> _WHAT IS BEING ASKED_
Please repeat the lines below exactly. Begin with the line containing "value panicked = a" and go on through the line containing "pub decode_int : Bytes → Option ℕ".

(Collected data)
····················
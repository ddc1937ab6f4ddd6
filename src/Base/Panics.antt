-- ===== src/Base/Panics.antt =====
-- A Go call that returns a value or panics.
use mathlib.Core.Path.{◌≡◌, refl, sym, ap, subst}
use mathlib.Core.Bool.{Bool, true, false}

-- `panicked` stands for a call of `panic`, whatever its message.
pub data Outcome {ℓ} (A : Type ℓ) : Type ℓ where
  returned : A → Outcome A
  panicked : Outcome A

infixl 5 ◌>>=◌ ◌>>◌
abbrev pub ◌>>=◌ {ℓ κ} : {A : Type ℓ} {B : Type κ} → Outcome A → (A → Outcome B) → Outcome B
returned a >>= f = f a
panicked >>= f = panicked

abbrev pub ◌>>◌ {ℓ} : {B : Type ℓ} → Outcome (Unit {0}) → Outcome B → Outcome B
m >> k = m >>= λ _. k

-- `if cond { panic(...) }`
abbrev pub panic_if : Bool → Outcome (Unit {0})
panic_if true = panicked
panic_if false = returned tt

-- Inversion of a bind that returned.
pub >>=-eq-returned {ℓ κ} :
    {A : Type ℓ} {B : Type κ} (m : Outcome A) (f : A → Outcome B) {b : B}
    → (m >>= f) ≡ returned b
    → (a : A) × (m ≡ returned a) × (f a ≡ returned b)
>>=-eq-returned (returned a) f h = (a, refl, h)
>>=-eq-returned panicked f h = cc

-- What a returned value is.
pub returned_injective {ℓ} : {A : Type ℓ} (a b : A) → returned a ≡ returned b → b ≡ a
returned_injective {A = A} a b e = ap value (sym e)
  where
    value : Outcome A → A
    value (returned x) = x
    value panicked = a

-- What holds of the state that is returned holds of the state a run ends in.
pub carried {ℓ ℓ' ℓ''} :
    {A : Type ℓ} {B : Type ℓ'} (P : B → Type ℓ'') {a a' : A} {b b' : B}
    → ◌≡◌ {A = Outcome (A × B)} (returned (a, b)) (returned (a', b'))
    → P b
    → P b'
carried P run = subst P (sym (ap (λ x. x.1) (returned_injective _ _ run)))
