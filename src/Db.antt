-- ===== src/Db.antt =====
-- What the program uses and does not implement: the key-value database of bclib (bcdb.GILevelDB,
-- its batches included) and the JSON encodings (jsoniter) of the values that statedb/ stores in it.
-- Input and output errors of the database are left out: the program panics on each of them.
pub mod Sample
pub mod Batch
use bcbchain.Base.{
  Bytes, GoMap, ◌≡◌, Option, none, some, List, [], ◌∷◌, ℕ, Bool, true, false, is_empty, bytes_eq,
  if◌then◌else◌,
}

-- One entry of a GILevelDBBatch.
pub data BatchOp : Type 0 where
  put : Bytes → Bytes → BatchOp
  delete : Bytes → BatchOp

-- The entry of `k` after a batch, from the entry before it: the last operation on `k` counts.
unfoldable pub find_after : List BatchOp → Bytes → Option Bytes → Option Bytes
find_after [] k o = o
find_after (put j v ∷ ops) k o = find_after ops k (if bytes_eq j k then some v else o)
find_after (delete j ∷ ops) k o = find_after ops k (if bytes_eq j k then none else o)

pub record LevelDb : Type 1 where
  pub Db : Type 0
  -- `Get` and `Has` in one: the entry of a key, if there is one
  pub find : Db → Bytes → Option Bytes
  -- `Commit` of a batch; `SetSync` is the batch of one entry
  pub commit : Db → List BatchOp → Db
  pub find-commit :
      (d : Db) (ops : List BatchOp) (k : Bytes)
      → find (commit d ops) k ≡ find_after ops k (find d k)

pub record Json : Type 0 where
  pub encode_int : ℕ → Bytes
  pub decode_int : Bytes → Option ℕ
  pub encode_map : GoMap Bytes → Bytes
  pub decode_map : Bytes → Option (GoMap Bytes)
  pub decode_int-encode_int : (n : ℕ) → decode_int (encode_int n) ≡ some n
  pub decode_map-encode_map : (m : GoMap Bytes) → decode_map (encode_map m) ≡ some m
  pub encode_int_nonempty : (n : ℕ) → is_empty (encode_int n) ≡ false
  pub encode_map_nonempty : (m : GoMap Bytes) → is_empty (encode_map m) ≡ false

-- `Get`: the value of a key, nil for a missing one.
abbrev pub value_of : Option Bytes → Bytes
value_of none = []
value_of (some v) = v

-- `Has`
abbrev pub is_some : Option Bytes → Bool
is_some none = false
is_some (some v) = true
····················
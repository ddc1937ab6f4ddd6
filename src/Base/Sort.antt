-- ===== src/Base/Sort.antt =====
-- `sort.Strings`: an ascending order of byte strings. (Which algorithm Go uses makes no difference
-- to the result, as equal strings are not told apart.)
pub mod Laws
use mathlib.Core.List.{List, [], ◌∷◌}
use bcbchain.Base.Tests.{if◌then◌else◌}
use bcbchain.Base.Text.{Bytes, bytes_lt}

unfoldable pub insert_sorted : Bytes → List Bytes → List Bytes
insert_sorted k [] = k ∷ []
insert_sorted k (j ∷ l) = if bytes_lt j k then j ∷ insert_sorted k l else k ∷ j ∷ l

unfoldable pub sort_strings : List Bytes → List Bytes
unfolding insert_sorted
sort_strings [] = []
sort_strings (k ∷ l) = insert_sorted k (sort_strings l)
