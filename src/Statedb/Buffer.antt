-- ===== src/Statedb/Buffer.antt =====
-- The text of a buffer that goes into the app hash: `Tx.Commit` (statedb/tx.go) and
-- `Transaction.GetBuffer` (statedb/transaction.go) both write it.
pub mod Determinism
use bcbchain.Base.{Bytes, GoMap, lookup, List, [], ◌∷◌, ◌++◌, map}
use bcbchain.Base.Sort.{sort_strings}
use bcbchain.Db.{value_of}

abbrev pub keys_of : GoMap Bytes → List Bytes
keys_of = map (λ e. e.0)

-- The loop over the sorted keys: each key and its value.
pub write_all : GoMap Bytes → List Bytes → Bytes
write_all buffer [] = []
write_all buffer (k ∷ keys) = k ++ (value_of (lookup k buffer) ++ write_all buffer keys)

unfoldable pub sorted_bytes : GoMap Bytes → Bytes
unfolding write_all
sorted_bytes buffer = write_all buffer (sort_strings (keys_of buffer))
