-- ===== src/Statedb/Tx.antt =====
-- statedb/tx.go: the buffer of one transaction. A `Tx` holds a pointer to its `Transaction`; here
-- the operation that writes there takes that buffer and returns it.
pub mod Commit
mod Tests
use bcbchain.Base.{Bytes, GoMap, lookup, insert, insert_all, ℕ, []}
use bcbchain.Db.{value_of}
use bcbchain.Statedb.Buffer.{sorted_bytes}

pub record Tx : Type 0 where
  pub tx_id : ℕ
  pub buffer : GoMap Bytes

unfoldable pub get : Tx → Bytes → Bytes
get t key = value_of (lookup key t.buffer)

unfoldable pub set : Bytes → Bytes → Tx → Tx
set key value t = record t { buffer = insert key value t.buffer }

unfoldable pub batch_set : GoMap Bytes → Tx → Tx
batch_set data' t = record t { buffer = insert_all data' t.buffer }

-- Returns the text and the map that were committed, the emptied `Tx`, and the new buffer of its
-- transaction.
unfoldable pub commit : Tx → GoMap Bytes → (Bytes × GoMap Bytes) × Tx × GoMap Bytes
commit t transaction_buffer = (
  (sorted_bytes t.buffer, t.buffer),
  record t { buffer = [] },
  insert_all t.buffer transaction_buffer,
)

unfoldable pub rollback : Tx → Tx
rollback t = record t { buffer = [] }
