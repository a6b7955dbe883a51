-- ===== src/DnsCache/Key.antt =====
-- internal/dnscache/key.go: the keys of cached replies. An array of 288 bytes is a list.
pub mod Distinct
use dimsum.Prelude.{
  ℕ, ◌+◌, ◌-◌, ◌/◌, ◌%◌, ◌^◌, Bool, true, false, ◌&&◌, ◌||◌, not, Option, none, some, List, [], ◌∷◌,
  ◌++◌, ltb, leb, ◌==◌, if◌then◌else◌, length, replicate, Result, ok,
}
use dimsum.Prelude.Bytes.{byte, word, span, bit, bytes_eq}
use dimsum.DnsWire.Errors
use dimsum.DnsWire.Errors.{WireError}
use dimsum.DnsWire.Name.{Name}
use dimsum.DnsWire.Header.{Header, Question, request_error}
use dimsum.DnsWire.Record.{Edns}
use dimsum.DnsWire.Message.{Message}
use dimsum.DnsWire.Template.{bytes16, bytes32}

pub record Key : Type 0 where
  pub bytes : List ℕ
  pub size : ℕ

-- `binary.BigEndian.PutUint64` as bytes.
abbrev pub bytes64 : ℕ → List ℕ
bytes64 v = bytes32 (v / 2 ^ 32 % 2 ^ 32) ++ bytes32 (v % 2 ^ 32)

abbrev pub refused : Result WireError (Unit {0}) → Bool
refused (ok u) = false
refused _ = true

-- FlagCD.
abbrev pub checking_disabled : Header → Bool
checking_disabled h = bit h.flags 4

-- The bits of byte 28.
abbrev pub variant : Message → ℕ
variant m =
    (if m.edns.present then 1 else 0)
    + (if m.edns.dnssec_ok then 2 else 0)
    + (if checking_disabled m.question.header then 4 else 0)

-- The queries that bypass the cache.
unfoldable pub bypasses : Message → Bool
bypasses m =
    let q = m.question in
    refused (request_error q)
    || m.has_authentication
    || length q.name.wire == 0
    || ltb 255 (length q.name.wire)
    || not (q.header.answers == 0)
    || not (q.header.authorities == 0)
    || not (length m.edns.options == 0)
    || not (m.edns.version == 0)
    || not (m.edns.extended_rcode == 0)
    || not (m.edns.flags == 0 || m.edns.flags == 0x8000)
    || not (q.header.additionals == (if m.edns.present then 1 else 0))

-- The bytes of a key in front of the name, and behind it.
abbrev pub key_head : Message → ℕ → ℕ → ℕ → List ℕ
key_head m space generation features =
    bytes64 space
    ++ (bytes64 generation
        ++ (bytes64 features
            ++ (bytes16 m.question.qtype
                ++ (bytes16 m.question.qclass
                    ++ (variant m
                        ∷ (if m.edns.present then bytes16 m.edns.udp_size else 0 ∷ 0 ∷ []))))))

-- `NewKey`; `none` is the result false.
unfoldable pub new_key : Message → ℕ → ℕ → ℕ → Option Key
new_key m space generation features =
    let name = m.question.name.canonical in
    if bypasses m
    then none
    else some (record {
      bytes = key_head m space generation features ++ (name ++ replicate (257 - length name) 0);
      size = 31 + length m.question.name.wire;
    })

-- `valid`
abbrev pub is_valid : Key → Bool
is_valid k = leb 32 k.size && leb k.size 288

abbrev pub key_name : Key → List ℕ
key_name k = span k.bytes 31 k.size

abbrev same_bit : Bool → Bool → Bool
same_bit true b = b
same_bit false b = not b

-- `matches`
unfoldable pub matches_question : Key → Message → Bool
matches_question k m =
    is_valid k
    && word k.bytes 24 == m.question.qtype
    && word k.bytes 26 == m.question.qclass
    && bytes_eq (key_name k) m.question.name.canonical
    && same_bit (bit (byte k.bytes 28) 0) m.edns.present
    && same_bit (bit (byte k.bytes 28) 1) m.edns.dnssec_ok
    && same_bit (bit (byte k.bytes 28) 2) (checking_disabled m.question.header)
····················
> _OUTPUT OF THE TASK_
    value panicked = a

-- What holds of the state that is returned holds of the state a run ends in.
pub carried {ℓ ℓ' ℓ''} :
    {A : Type ℓ} {B : Type ℓ'} (P : B → Type ℓ'') {a a' : A} {b b' : B}
    → ◌≡◌ {A = Outcome (A × B)} (returned (a, b)) (returned (a', b'))
    → P b
    → P b'
carried P run = subst P (sym (ap (λ x. x.1) (returned_injective _ _ run)))
filename src/Db.antt
-- ===== src/Db.antt =====
-- What the program uses and does not implement: the key-value database of bclib (bcdb.GILevelDB,
-- its batches included) and the JSON encodings (jsoniter) of the values that statedb/ stores in it.
-- Input and output errors of the database are left out: the program panics on each of them.
pub mod Sample
pub mod Batch
use bcbchain.Base.{
  Bytes, GoMap, ◌≡◌, Option, none, some, List, [], ◌∷◌, ℕ, Bool, true, false, is_empty, bytes_eq,
  if◌then◌else◌,
}

-- One entry of a GILevelDBBatch.
pub data BatchOp : Type 0 where
  put : Bytes → Bytes → BatchOp
  delete : Bytes → BatchOp

-- The entry of `k` after a batch, from the entry before it: the last operation on `k` counts.
unfoldable pub find_after : List BatchOp → Bytes → Option Bytes → Option Bytes
find_after [] k o = o
find_after (put j v ∷ ops) k o = find_after ops k (if bytes_eq j k then some v else o)
find_after (delete j ∷ ops) k o = find_after ops k (if bytes_eq j k then none else o)

pub record LevelDb : Type 1 where
  pub Db : Type 0
  -- `Get` and `Has` in one: the entry of a key, if there is one
  pub find : Db → Bytes → Option Bytes
  -- `Commit` of a batch; `SetSync` is the batch of one entry
  pub commit : Db → List BatchOp → Db
  pub find-commit :
      (d : Db) (ops : List BatchOp) (k : Bytes)
      → find (commit d ops) k ≡ find_after ops k (find d k)

pub record Json : Type 0 where
  pub encode_int : ℕ → Bytes
  pub decode_int : Bytes → Option ℕ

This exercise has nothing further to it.